【現役NE直伝】ネットワークエンジニアが作業で持ち歩いている物品7選|「1本で2役」が最強

ネットワークエンジニアの現場持ち物カテゴリ分類図

ネットワークエンジニアとして現場作業に行くとき、カバンの中に何を入れていますか?

これからNEになる人や、まだ現場経験が少ない人にとっては「何を準備すればいいのかわからない」っていうのが正直なところだと思います。

ネットで調べると「必須ツール○○選!」みたいな記事がたくさん出てくるんですけど、実際に現場で使ってみると「これ要らなかったな」とか「もっと荷物を減らしたい」って思うことが結構ある。

この記事では、現役ネットワークエンジニアの私が実際に作業時に持ち歩いている物品を紹介します。特に意識しているのは「1本で2役こなせるか」というポイント。荷物は少ない方がいいに決まっているので、兼用できるものはとことん兼用する。そういう視点で選んだ持ち物たちです。


① BLUEBOT USC-01A(USB-RJ45 シリアル変換アダプタ)

私のコンソール接続のメインがこれ。BLUEBOT(ブルーボット)のCISCO互換USBシリアル変換ケーブル「USC-01A」です。

一般的なコンソールケーブルは「RJ45-DB9のシリアルケーブル+USBシリアル変換アダプタ」の2本セットで持ち歩く必要があります。最近はUSB-RJ45の一体型ケーブルも増えてきたけど、それだとケーブルの長さが固定されてしまう。

BLUEBOT USC-01AはUSB-A側にシリアル変換チップを内蔵した小型アダプタで、RJ45ポートに普通のLANケーブルを差して使う設計になっています。

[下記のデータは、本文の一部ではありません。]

-- ===== src/Rtp/Whitelist.antt =====
-- The process names that backend/core/realtime_protection.py never examines.
use graduationp.Prelude.{List, [], ◌∷◌, String}

-- `WHITELISTED_PROCESSES`
abbrev pub whitelisted_processes : List String
whitelisted_processes =
    "system" ∷ "system idle process" ∷ "registry" ∷ "smss.exe" ∷ "csrss.exe" ∷ "wininit.exe"
    ∷ "winlogon.exe" ∷ "services.exe" ∷ "lsass.exe" ∷ "lsm.exe" ∷ "svchost.exe" ∷ "dwm.exe"
    ∷ "explorer.exe" ∷ "taskhostw.exe" ∷ "runtimebroker.exe" ∷ "searchhost.exe"
    ∷ "startmenuexperiencehost.exe" ∷ "shellexperiencehost.exe" ∷ "textinputhost.exe"
    ∷ "conhost.exe" ∷ "dllhost.exe" ∷ "sihost.exe" ∷ "fontdrvhost.exe" ∷ "ctfmon.exe"
    ∷ "audiodg.exe" ∷ "spoolsv.exe" ∷ "lsaiso.exe" ∷ "wbemiprvse.exe" ∷ "searchindexer.exe"
    ∷ "searchprotocolhost.exe" ∷ "searchfilterhost.exe" ∷ "wuauclt.exe" ∷ "wudfhost.exe"
    ∷ "wufaupd.exe" ∷ "trustedinstaller.exe" ∷ "tiworker.exe" ∷ "msiexec.exe" ∷ "msiexec"
    ∷ "dism.exe" ∷ "dismhost.exe" ∷ "wermgr.exe" ∷ "werhost.exe" ∷ "werfault.exe"
    ∷ "werfaultsecure.exe" ∷ "wuauclt.exe" ∷ "mscorsvw.exe" ∷ "ngen.exe" ∷ "clrjit.dll"
    ∷ "backgroundtaskhost.exe" ∷ "applicationframehost.exe" ∷ "wwahost.exe" ∷ "browser_broker.exe"
    ∷ "lockapp.exe" ∷ "usocoreworker.exe" ∷ "mousocoreworker.exe" ∷ "regsvr32.exe" ∷ "rundll32.exe"
    ∷ "mshta.exe" ∷ "taskeng.exe" ∷ "taskhost.exe" ∷ "msmpeng.exe" ∷ "nissrv.exe"
    ∷ "securityhealthservice.exe" ∷ "securityhealthsystray.exe" ∷ "mpcmdrun.exe"
    ∷ "antimalwareserviceexecutable.exe" ∷ "mdnsresponder.exe" ∷ "clamscan.exe" ∷ "clamd.exe"
    ∷ "clamav.exe" ∷ "freshclam.exe" ∷ "mbam.exe" ∷ "mbamservice.exe" ∷ "mbamscheduler.exe"
    ∷ "mbamupdater.exe" ∷ "avp.exe" ∷ "kavsvc.exe" ∷ "avgnt.exe" ∷ "avguard.exe" ∷ "bdagent.exe"
    ∷ "egui.exe" ∷ "mbae64.exe" ∷ "code.exe" ∷ "code - insiders.exe" ∷ "devenv.exe" ∷ "msdev.exe"
    ∷ "msbuild.exe" ∷ "csc.exe" ∷ "vbc.exe" ∷ "git.exe" ∷ "git-remote-https.exe" ∷ "node.exe"
    ∷ "npm.cmd" ∷ "npx.cmd" ∷ "dotnet.exe" ∷ "nuget.exe" ∷ "pip.exe" ∷ "pip3.exe" ∷ "notepad.exe"
    ∷ "notepad++.exe" ∷ "mspaint.exe" ∷ "calc.exe" ∷ "wordpad.exe" ∷ "winword.exe" ∷ "excel.exe"
    ∷ "powerpnt.exe" ∷ "outlook.exe" ∷ "onenote.exe" ∷ "teams.exe" ∷ "vlc.exe" ∷ "wmplayer.exe"
    ∷ "mpc-hc.exe" ∷ "mpc-be.exe" ∷ "spotify.exe" ∷ "discord.exe" ∷ "7z.exe" ∷ "7zfm.exe"
    ∷ "winrar.exe" ∷ "winzip64.exe" ∷ "java.exe" ∷ "javaw.exe" ∷ "javaws.exe" ∷ "acrobat.exe"
    ∷ "acrord32.exe" ∷ "python.exe" ∷ "pythonw.exe" ∷ "python3.exe" ∷ "sentinel_gpu_worker.exe"
    ∷ "sentinel_url_detonator.exe" ∷ "sentinel_agent.exe" ∷ "sentinel.exe" ∷ []

-- `_LINUX_SKIP_PROCESSES`
abbrev pub linux_skip_processes : List String
linux_skip_processes =
    "systemd" ∷ "kthreadd" ∷ "ksoftirqd" ∷ "kworker" ∷ "rcu_gp" ∷ "rcu_par_gp" ∷ "rcu_sched"
    ∷ "migration" ∷ "cpuhp" ∷ "init" ∷ "bash" ∷ "sh" ∷ "dash" ∷ "zsh" ∷ "fish" ∷ "sshd" ∷ "cron"
    ∷ "atd" ∷ "dbus-daemon" ∷ "rsyslogd" ∷ "journald" ∷ "systemd-journald" ∷ "systemd-logind"
    ∷ "systemd-udevd" ∷ "systemd-resolved" ∷ "systemd-timesyncd" ∷ "networkd" ∷ "systemd-networkd"
    ∷ "agetty" ∷ "login" ∷ "polkitd" ∷ "accounts-daemon" ∷ "udisksd" ∷ "python" ∷ "python3"
    ∷ "python3.10" ∷ "python3.11" ∷ "python3.12" ∷ []
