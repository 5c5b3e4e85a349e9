-- ===== src/Rtp/Watch.antt =====
-- What backend/core/realtime_protection.py does with one new process: the body of the loop of
-- `run` and, below the skips of its own, of `_run_linux`.
use graduationp.Prelude.{
  ℕ, suc, Bool, true, false, ◌||◌, not, String, ◌==◌, ◌++ˢ◌, List, Option, none, some, elem,
  if◌then◌else◌, ℤ,
}
use graduationp.Prelude.Dict.{Dict}
use graduationp.Value.{Value}
use graduationp.Quarantine.Vault.{Vault}
use graduationp.Rtp.Trust.{
  Host, is_user_whitelisted, name_matches_whitelist_prefix, is_trusted_sentinel_internal_helper,
}
use graduationp.Rtp.Plan.{ProcessAction, allow_process, ScanContext, EnforcementPlan}
use graduationp.Rtp.Decide.{build_enforcement_plan}
use graduationp.Rtp.Processes.{Call, LiveProcess, Stats}
use graduationp.Rtp.Enforce.{Store, Launch, apply_enforcement}
use graduationp.Rtp.Cache.{Cache, CacheEntry, cache_scan_decision, get_cached_scan_entry}
use graduationp.Rtp.Scan.{
  ScanRun, scan_error, scanned, scan_process_decision, failed_scan, empty_context,
}
use graduationp.Rtp.Whitelist.{whitelisted_processes}

-- The state of the worker, and the vault that it quarantines into.
pub record Worker : Type 0 where
  pub total_scanned : ℕ
  pub stats : Stats
  pub cache : Cache
  pub vault : Vault

-- A new process, with what scanning its executable and looking at it give.
pub record Event : Type 0 where
  pub launch : Launch
  pub parent_pid : Option ℤ
  pub scan : ScanRun
  pub process : Call LiveProcess

abbrev is_allow : ProcessAction → Bool
is_allow allow_process = true
is_allow _ = false

abbrev pub with_parent : Event → ScanContext → ScanContext
with_parent e c = record c { parent_pid = e.parent_pid }

module _ (h : Host) where
  abbrev pub plan_for : Event → Dict Value → ScanContext → EnforcementPlan
  plan_for e d c = build_enforcement_plan h e.launch.name e.launch.path d (with_parent e c)

  -- the decision, the hash and the context of a scan, where a scan that raises is a failed one
  unfoldable pub scan_or_fail : Event → Dict Value × String × ScanContext
  unfolding scan_process_decision failed_scan
  scan_or_fail e = elim (scan_process_decision h e.launch.path e.scan) [
    | scan_error why ↦ (failed_scan ("Scan error: " ++ˢ why) "", "", empty_context h e.launch.path)
    | scanned d sha256 c ↦ (d, sha256, c)
  ]

  -- the skips of the Windows loop
  unfoldable pub is_skipped : List String → Event → Bool
  unfolding elem name_matches_whitelist_prefix is_user_whitelisted
      is_trusted_sentinel_internal_helper
  is_skipped user_whitelist e =
      elem e.launch.name whitelisted_processes
      || name_matches_whitelist_prefix e.launch.name
      || is_user_whitelisted h e.launch.name e.launch.path user_whitelist
      || e.launch.path == ""
      || not (h.file_exists e.launch.path)
      || is_trusted_sentinel_internal_helper h e.launch.name e.launch.path e.parent_pid

module _ (h : Host) (store : Store) where
  -- `if plan.process_action != "allow": self._apply_enforcement(...)`
  unfoldable pub enforce : Event → Bool → EnforcementPlan → Dict Value → String → Worker → Worker
  unfolding apply_enforcement
  enforce e cached plan d sha256 w =
      let (s, v, _, _) =
        apply_enforcement h store e.launch plan d sha256 cached e.process w.stats w.vault in
      if is_allow plan.process_action then w else record w { stats = s; vault = v }

  -- from "Scan the executable" on
  unfoldable pub judge_scanned : Event → Worker → Worker
  unfolding enforce scan_or_fail cache_scan_decision
  judge_scanned e w =
      let (d, sha256, c) = scan_or_fail h e in
      enforce e false (plan_for h e d c) d sha256 (record w {
        total_scanned = suc w.total_scanned;
        cache = cache_scan_decision h e.launch.path d sha256 (with_parent e c) w.cache;
      })

  -- a cached decision
  unfoldable pub judge_cached : Event → CacheEntry → Worker → Worker
  unfolding enforce
  judge_cached e entry w =
      enforce e true (plan_for h e entry.decision entry.scan_context) entry.decision entry.sha256 w

  unfoldable pub judge_hit : Event → Option CacheEntry → Worker → Worker
  unfolding judge_cached judge_scanned
  judge_hit e none w = judge_scanned e w
  judge_hit e (some entry) w = judge_cached e entry w

  -- from "Check scan cache" on
  unfoldable pub judge : Event → Worker → Worker
  unfolding get_cached_scan_entry judge_hit
  judge e w =
      let (cache, hit) = get_cached_scan_entry h e.launch.path w.cache in
      judge_hit e hit (record w { cache = cache })

  unfoldable pub handle_launch : List String → Event → Worker → Worker
  unfolding is_skipped judge
  handle_launch user_whitelist e w = if is_skipped h user_whitelist e then w else judge e w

つまり、LANケーブルさえあれば、そのままコンソールケーブルとして使える。

これの何が良いかというと:

  • LANケーブルの長さを自由に変えられる。 ラックの奥まった場所にある機器には長いケーブルを、隣の機器には短いケーブルを。その場に応じて使い分けられる
  • コンソールケーブルを別途持ち歩く必要がない。 LANケーブルは他の用途でもどうせ持っていくので、荷物が実質ゼロ増加
  • 最長15mまで動作確認済み。 公式にそう書いてあるので、普通の現場で長さが足りなくて困ることはまずない

FTDIチップ(FT232RL)搭載で、Windows 10/11ならPCに挿すだけでWindows Updateが自動的にドライバをインストールしてくれるので、事前のドライバ準備は基本不要。MacやLinuxもOS内蔵ドライバで認識します。

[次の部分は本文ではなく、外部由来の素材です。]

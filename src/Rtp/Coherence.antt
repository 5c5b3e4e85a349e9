-- ===== src/Rtp/Coherence.antt =====
-- What the worker of backend/core/realtime_protection.py keeps from one process to the next: its
-- cache, its counters and the pids that it has seen.
use graduationp.Prelude.{
  ℕ, suc, ◌+◌, ◌≤◌, Bool, true, false, String, List, [], ◌∷◌, Option, none, some, length, ◌≡◌, ap,
  ◌∙◌, arith, lower,
}
use graduationp.Prelude.Dict.{Dict, remove}
use graduationp.Value.{Value}
use graduationp.Rtp.Trust.{Host}
use graduationp.Rtp.Plan.{ProcessAction, EnforcementPlan, or_fingerprint}
use graduationp.Rtp.Processes.{
  Stats, Call, LiveProcess, kill_verified, kill, check_path, execute_process_action,
}
use graduationp.Rtp.Enforce.{Store, apply_enforcement}
use graduationp.Rtp.Kills.{killed_counted}
use graduationp.Rtp.Cache.{
  Cache, CacheEntry, cache_max, entry_of, get_cached_scan_entry, cache_bounded, hit_after_store,
}
use graduationp.Rtp.Scan.{scan_process_decision, scan_context_of}
use graduationp.Rtp.Watch.{
  Worker, Event, enforce, plan_for, with_parent, scan_or_fail, judge_scanned, judge_cached,
  judge_hit, judge, handle_launch,
}

length-remove-le : (k : String) (cache : Cache) → length (remove k cache) ≤ length cache
unfolding remove
length-remove-le k [] = omega arith
length-remove-le k ((j, v) ∷ cache) = ground (arith, length-remove-le k cache)

get_cached-length :
    (h : Host) (path : String) (cache : Cache)
    → length (get_cached_scan_entry h path cache).0 ≤ length cache
unfolding get_cached_scan_entry
get_cached-length h path cache = ground (arith, length-remove-le (lower path) cache)

-- The worker counts no more kills than threats, and its cache holds at most 5000 entries.
abbrev pub WellFormed : Worker → Type 0
WellFormed w = (w.stats.threats_killed ≤ w.stats.threats_found) × (length w.cache ≤ cache_max)

process-found :
    (h : Host) (cached : Bool) (name path : String) (action : ProcessAction)
    (process : Call LiveProcess) (s : Stats)
    → (execute_process_action h cached name path action process s).0.threats_found ≡ s.threats_found
unfolding execute_process_action kill_verified kill check_path
process-found h cached name path action process s = ground arith

process-killed-le :
    (h : Host) (cached : Bool) (name path : String) (action : ProcessAction)
    (process : Call LiveProcess) (s : Stats)
    → s.threats_killed + 1 ≤ s.threats_found
    → (execute_process_action h cached name path action process s).0.threats_killed
      ≤ (execute_process_action h cached name path action process s).0.threats_found
process-killed-le h cached name path action process s le = ground (
  arith,
  process-found h cached name path action process s,
  killed_counted h cached name path action process s,
)

or_same : (a b : Option (ℕ × ℕ)) → a ≡ b → or_fingerprint a b ≡ a
or_same a b e = rw (e) (ground arith)

module _ (h : Host) (store : Store) where
  enforce-cache :
      (e : Event) (cached : Bool) (plan : EnforcementPlan) (d : Dict Value) (sha256 : String)
      (w : Worker)
      → (enforce h store e cached plan d sha256 w).cache ≡ w.cache
  unfolding enforce
  enforce-cache e cached plan d sha256 w = ground arith

  enforce-counts :
      (e : Event) (cached : Bool) (plan : EnforcementPlan) (d : Dict Value) (sha256 : String)
      (w : Worker)
      → w.stats.threats_killed ≤ w.stats.threats_found
      → (enforce h store e cached plan d sha256 w).stats.threats_killed
        ≤ (enforce h store e cached plan d sha256 w).stats.threats_found
  unfolding enforce apply_enforcement
  enforce-counts e cached plan d sha256 w le = ground (
    arith,
    process-killed-le h cached e.launch.name e.launch.path plan.process_action e.process
        (record w.stats { threats_found = suc w.stats.threats_found }) (omega (arith, le)),
  )

  scan_fingerprint : (e : Event) → (scan_or_fail h e).2.fingerprint ≡ h.fingerprint e.launch.path
  unfolding scan_or_fail scan_process_decision scan_context_of
  scan_fingerprint e = ground arith

  enforce-WellFormed :
      (e : Event) (cached : Bool) (plan : EnforcementPlan) (d : Dict Value) (sha256 : String)
      (w : Worker)
      → WellFormed w
      → WellFormed (enforce h store e cached plan d sha256 w)
  enforce-WellFormed e cached plan d sha256 w (counts, room) = (
    enforce-counts e cached plan d sha256 w counts,
    rw (enforce-cache e cached plan d sha256 w) room,
  )

  judge_scanned-WellFormed :
      (e : Event) (w : Worker) → WellFormed w → WellFormed (judge_scanned h store e w)
  unfolding judge_scanned
  judge_scanned-WellFormed e w (counts, room) =
      let (d, sha256, c) = scan_or_fail h e in
      enforce-WellFormed e false (plan_for h e d c) d sha256 _
        (counts, cache_bounded h e.launch.path d sha256 (with_parent e c) w.cache room)

  judge_hit-WellFormed :
      (e : Event) (hit : Option CacheEntry) (w : Worker)
      → WellFormed w
      → WellFormed (judge_hit h store e hit w)
  unfolding judge_hit judge_cached
  judge_hit-WellFormed e none w wf = judge_scanned-WellFormed e w wf
  judge_hit-WellFormed e (some entry) w wf =
      enforce-WellFormed e true (plan_for h e entry.decision entry.scan_context) entry.decision
        entry.sha256 w wf

  pub judge-WellFormed : (e : Event) (w : Worker) → WellFormed w → WellFormed (judge h store e w)
  unfolding judge
  judge-WellFormed e w (counts, room) =
      let (cache, hit) = get_cached_scan_entry h e.launch.path w.cache in
      let room' : length cache ≤ cache_max =
        omega (arith, room, get_cached-length h e.launch.path w.cache) in
      judge_hit-WellFormed e hit (record w { cache = cache }) (counts, room')

  -- The handling of a process by the Windows loop keeps the worker well formed: no more kills than
  -- threats are counted, and the cache holds at most 5000 entries.
  pub handle_launch-WellFormed :
      (whitelist : List String) (e : Event) (w : Worker)
      → WellFormed w
      → WellFormed (handle_launch h store whitelist e w)
  unfolding handle_launch
  handle_launch-WellFormed whitelist e w wf = ground (arith, judge-WellFormed e w wf)

  -- After a process was scanned whose file can be looked at and did not change in between, a second
  -- process of that file, name and parent finds the cached decision, and its plan is the one that
  -- the scan led to.
  pub cached_plan_same :
      (e : Event) (w : Worker) (fingerprint : ℕ × ℕ)
      → h.fingerprint e.launch.path ≡ some fingerprint
      → let (d, sha256, c) = scan_or_fail h e in
        let entry = entry_of h e.launch.path d sha256 (with_parent e c) in
        ((get_cached_scan_entry h e.launch.path (judge_scanned h store e w).cache).1 ≡ some entry)
        × (plan_for h e entry.decision entry.scan_context ≡ plan_for h e d c)
  unfolding judge_scanned
  cached_plan_same e w fingerprint known =
      let (d, sha256, c) = scan_or_fail h e in
      let c' = with_parent e c in
      (
        rw (enforce-cache e false (plan_for h e d c) d sha256 _) (
            hit_after_store h e.launch.path d sha256 c' w.cache fingerprint known
              (scan_fingerprint e ∙ known)),
        ap (λ f. plan_for h e d (record c' { fingerprint = f }))
            (or_same c.fingerprint (h.fingerprint e.launch.path) (scan_fingerprint e)),
      )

これが地味に大きいポイントで、以前BUFFALOのUSBシリアル変換を使っていたときは、事前にメーカーサイトからドライバをダウンロードしてインストールする必要があった。しかもOSのバージョンアップで動かなくなったり、ドライバのバージョン違いで認識しなかったりして、現場で「繋がらない!」って焦った経験がある人も多いんじゃないかと思います。FTDIチップ搭載の製品なら、Windows Updateが勝手にやってくれるのでそのストレスがない。

ただし、インターネットに繋がらない閉域環境で初めて使う場合は、事前にFTDI公式サイト(ftdichip.com)からドライバを落としておいた方が安全です。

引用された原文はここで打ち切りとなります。